**What this task involves**
Hunt through the entries for the word "zero" and copy each line in which it appears.

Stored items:
_ _ _
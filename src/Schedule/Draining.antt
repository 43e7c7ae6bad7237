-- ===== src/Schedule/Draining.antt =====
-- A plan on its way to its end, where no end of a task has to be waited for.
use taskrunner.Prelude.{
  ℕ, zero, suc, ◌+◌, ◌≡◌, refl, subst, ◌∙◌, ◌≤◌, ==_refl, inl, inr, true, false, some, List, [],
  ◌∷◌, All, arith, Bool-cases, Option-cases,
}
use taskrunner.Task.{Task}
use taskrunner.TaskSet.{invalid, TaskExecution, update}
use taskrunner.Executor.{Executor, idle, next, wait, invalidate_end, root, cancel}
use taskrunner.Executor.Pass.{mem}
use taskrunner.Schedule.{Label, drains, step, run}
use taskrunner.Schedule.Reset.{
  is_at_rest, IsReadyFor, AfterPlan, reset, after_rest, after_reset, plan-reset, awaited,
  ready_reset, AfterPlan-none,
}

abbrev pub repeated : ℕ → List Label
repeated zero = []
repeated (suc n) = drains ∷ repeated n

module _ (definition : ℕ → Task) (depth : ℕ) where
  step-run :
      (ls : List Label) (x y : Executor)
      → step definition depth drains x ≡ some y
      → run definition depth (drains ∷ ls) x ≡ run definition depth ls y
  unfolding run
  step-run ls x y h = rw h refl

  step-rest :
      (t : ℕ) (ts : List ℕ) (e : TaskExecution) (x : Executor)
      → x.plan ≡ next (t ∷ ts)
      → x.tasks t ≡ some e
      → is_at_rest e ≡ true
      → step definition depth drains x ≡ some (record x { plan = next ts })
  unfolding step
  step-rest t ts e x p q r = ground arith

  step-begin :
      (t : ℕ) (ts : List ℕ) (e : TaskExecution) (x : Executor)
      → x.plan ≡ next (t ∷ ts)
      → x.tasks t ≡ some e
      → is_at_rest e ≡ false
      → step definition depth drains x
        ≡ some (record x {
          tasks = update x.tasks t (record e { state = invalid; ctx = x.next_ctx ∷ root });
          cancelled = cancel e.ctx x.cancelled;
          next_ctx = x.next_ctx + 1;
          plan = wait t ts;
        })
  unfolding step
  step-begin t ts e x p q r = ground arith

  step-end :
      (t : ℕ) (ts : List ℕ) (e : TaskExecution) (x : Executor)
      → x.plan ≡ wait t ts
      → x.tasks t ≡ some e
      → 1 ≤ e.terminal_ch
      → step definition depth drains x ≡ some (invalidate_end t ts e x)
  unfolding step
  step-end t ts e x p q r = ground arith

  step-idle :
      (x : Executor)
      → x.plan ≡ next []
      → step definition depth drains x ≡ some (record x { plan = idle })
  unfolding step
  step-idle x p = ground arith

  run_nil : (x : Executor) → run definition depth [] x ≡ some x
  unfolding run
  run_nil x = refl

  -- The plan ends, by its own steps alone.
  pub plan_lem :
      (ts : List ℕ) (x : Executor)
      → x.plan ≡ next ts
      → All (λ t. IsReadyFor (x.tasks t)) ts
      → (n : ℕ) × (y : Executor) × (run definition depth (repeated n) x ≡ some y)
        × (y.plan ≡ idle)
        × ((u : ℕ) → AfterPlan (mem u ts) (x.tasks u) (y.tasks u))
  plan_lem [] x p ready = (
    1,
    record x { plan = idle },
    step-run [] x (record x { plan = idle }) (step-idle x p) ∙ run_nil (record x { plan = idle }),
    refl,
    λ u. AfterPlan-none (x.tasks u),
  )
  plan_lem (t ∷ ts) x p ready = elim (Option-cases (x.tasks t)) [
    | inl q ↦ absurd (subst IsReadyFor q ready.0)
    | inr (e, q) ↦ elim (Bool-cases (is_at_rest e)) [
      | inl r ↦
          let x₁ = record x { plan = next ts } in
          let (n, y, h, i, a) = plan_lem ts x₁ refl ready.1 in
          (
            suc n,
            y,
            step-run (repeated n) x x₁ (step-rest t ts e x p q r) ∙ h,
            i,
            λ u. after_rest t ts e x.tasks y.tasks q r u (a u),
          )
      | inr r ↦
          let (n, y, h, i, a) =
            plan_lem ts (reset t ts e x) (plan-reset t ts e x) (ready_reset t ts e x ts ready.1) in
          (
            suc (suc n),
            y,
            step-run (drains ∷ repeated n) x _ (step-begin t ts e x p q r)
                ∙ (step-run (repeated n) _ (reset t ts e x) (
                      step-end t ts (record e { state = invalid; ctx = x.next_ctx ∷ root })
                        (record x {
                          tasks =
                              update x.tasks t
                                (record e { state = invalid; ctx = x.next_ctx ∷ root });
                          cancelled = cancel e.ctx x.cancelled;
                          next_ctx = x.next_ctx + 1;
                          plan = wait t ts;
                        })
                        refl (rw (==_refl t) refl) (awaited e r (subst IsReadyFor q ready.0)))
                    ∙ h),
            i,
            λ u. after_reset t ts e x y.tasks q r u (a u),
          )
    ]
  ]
_ _ _
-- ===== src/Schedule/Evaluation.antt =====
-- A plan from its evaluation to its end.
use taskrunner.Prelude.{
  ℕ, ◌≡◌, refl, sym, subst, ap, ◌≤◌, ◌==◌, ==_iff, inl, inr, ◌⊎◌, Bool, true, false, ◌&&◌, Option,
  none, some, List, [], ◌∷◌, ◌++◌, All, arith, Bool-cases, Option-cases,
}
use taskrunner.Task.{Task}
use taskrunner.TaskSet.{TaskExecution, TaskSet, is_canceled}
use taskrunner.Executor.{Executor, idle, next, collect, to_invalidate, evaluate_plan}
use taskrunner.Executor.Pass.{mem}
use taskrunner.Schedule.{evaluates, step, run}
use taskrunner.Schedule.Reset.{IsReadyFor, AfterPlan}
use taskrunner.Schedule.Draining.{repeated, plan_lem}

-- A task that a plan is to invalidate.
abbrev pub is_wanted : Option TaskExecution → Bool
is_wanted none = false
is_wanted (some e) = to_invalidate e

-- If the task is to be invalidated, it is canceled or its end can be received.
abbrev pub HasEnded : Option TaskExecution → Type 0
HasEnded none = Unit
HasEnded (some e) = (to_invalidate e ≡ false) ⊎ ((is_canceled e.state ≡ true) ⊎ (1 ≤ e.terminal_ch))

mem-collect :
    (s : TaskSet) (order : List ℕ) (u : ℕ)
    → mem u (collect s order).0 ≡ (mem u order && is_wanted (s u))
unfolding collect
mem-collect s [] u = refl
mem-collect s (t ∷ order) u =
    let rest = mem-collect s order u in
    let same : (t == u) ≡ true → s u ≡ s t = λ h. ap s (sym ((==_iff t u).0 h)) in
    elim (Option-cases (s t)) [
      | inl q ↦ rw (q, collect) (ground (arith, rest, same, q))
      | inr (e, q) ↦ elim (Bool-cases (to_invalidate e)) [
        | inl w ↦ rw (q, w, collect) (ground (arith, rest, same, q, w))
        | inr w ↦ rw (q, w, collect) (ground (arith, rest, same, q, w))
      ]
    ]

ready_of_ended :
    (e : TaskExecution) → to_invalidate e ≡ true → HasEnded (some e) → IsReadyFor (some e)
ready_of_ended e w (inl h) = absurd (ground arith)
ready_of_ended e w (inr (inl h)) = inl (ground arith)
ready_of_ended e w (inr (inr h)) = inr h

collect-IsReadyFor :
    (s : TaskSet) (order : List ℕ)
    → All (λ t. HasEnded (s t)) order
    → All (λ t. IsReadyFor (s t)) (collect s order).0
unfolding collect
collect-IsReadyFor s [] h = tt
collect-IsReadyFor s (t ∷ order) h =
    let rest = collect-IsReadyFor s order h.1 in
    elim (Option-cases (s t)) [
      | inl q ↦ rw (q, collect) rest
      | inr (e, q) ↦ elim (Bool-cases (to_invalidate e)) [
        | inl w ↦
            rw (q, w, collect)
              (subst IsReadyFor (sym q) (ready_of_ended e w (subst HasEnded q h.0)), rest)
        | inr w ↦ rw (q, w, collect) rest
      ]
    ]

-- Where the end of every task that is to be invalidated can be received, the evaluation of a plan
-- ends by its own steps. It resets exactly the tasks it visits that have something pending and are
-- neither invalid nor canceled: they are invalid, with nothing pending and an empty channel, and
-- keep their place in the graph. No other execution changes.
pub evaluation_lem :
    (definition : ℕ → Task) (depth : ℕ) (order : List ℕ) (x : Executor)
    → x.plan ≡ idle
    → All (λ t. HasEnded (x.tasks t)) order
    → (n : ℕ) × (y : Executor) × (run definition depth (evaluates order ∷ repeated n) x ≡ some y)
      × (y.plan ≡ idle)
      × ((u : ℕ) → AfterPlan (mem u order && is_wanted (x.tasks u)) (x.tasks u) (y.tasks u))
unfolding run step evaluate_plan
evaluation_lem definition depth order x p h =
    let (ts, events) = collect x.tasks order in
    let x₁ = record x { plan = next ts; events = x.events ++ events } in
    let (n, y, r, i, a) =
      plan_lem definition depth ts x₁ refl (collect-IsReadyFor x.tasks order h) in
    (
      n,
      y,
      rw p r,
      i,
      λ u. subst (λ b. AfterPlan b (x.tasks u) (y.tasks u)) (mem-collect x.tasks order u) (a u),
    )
_ _ _
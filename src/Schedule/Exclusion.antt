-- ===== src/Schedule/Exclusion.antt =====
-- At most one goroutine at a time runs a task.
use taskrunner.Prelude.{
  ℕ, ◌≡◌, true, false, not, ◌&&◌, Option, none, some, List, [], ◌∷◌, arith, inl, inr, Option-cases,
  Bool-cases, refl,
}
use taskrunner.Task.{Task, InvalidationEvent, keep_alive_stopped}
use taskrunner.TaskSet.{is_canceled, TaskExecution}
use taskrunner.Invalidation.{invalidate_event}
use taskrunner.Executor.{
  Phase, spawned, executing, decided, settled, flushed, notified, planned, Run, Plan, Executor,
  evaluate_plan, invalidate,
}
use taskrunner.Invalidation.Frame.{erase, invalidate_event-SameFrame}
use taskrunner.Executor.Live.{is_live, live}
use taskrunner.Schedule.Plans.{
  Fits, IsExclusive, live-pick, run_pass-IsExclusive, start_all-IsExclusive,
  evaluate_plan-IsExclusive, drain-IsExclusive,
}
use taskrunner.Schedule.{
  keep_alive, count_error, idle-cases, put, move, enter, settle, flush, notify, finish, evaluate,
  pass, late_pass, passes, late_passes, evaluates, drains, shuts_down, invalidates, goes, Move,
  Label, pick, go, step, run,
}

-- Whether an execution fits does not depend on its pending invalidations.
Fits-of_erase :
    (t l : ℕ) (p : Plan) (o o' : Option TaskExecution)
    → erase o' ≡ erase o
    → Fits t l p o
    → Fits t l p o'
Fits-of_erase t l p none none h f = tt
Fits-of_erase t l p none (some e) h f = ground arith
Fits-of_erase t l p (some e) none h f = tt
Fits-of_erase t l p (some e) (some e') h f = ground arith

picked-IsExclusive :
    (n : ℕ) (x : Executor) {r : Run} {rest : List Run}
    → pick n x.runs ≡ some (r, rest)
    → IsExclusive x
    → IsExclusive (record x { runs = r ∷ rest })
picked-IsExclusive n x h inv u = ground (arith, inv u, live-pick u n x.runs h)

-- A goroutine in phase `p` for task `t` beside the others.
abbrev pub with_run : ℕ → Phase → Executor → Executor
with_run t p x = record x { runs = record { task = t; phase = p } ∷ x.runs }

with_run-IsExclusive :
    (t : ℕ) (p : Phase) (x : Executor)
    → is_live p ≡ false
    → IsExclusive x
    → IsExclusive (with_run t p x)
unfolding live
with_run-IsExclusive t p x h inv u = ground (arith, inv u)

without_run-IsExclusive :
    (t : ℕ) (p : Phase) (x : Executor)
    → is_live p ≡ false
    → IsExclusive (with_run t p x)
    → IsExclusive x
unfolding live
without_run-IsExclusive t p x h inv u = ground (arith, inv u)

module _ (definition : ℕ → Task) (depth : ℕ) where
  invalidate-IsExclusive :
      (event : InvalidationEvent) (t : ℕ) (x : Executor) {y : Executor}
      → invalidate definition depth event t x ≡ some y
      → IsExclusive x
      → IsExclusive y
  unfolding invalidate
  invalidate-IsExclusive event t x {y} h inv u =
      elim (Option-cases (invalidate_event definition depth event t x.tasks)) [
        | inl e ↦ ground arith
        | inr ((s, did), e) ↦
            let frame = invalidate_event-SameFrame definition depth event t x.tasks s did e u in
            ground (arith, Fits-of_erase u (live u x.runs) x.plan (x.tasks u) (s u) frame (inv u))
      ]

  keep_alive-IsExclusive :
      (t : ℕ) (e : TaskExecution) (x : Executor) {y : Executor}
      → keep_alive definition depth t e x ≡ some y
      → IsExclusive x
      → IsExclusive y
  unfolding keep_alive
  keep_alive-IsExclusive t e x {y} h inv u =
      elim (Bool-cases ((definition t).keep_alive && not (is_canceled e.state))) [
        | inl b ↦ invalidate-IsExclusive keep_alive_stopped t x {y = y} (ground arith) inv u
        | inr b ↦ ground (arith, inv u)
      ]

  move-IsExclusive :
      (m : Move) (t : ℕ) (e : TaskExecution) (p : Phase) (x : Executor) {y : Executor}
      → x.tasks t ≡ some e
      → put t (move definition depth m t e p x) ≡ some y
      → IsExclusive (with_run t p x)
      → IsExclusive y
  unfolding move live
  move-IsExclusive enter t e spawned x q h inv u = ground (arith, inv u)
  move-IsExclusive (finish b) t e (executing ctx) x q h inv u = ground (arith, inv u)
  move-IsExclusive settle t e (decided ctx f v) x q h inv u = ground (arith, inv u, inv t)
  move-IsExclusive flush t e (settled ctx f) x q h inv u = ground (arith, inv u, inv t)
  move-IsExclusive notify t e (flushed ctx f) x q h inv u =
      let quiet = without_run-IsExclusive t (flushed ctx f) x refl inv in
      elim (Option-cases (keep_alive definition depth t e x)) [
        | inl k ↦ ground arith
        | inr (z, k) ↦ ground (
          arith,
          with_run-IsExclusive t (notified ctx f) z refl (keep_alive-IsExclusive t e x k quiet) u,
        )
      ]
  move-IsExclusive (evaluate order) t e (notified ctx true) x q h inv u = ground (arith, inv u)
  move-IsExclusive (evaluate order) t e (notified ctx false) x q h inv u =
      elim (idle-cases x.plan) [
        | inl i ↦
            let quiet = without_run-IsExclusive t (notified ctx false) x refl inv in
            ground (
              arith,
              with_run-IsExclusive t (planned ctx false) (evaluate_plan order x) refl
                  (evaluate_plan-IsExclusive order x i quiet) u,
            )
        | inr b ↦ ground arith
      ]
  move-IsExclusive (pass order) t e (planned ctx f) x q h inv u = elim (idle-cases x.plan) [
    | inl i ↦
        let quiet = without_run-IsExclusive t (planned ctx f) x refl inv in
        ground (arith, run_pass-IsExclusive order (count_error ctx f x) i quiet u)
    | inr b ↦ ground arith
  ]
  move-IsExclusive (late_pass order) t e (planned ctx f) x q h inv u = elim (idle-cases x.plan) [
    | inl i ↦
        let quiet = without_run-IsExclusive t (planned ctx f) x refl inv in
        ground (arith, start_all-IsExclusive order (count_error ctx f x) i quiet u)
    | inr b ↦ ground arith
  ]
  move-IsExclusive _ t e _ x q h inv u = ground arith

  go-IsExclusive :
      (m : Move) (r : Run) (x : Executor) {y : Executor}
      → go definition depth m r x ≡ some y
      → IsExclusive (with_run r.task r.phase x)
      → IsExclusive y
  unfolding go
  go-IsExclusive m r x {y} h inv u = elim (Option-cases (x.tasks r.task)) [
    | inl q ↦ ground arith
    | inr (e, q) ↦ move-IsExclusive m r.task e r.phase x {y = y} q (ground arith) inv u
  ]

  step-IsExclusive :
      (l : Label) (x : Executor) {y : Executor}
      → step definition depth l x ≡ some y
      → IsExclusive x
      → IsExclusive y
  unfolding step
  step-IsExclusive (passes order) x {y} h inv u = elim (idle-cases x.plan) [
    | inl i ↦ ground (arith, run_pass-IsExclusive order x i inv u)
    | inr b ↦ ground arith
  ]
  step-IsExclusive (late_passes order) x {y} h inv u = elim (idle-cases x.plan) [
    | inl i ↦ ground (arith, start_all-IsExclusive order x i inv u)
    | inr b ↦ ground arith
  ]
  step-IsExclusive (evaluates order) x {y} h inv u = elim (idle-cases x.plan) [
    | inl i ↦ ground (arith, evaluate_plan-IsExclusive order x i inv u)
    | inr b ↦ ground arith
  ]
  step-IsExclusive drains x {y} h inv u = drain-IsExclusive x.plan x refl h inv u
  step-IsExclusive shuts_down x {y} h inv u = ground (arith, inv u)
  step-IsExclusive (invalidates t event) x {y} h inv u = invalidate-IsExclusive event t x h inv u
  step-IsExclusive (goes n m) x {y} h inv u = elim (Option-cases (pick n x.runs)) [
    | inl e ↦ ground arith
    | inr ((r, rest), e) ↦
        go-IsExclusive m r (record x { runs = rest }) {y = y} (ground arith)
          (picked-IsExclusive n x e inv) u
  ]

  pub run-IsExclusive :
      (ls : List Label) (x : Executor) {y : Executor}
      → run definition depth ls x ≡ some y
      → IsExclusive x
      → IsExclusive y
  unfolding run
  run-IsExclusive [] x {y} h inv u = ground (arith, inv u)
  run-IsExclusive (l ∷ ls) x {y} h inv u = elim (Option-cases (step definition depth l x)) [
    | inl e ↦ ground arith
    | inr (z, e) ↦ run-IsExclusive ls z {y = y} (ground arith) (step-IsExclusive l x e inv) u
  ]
_ _ _
**Response**
  ℕ, zero, suc, ◌+◌, ◌≡◌, refl, subst, ◌∙◌, ◌≤◌, ==_refl, inl, inr, true, false, some, List, [],
repeated zero = []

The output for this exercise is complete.